Collected data:
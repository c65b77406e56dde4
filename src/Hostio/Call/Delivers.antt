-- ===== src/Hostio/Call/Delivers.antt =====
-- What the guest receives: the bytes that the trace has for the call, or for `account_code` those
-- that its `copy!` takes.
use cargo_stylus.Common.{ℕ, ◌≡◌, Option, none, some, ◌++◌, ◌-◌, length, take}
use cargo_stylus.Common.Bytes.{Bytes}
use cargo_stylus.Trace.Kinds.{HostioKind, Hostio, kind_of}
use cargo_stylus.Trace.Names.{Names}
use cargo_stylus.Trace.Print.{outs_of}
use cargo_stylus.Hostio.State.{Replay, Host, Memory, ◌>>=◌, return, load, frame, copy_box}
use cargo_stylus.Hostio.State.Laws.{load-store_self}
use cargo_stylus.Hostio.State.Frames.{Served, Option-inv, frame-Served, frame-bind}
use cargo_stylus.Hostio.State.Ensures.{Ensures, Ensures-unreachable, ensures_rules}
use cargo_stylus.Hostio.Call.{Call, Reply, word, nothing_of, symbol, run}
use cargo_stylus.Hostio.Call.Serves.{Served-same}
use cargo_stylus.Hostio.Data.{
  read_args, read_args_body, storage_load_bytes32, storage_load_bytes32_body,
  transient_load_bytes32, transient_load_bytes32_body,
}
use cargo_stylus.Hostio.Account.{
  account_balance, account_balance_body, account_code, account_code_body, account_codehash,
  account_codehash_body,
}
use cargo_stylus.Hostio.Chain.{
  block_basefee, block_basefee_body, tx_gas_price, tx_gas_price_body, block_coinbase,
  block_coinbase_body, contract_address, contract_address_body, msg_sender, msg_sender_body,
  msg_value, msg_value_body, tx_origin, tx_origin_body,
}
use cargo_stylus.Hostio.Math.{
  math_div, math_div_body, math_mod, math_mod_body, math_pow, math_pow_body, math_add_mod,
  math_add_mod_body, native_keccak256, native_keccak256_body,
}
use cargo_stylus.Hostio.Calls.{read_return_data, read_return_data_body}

...

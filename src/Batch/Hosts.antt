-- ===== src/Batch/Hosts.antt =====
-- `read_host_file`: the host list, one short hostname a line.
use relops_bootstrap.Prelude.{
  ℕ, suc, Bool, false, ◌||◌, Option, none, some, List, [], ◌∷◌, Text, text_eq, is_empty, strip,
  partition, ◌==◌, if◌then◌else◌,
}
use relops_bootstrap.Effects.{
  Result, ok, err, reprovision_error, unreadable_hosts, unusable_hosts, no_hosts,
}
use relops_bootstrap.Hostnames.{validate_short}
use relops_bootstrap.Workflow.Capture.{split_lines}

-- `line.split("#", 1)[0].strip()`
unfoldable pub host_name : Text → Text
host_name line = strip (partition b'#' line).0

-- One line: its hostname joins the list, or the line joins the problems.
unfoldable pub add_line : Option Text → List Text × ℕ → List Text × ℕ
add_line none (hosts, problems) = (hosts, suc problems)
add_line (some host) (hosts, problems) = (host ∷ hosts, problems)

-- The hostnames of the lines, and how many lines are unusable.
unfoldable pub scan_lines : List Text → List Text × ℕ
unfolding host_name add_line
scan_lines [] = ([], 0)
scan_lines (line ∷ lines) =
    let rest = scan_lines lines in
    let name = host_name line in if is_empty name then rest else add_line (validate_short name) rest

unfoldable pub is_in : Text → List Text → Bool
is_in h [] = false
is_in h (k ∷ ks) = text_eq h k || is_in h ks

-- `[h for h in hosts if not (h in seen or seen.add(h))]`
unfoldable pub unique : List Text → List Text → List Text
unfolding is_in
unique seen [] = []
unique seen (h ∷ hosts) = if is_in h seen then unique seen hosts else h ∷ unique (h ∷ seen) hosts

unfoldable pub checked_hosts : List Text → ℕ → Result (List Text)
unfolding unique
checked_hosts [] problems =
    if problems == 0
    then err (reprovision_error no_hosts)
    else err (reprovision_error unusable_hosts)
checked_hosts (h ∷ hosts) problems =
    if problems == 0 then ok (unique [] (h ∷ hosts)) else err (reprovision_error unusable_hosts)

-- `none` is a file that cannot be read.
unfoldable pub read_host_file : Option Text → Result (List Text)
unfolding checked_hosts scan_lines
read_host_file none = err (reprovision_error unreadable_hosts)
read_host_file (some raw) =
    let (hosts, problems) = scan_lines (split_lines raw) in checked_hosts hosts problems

Activity -
When the entries above show the word "Delivers" in a line, copy that line out.

Exercise response -
filename src/Hostio/Call/Delivers.antt
-- ===== src/Hostio/Call/Delivers.antt =====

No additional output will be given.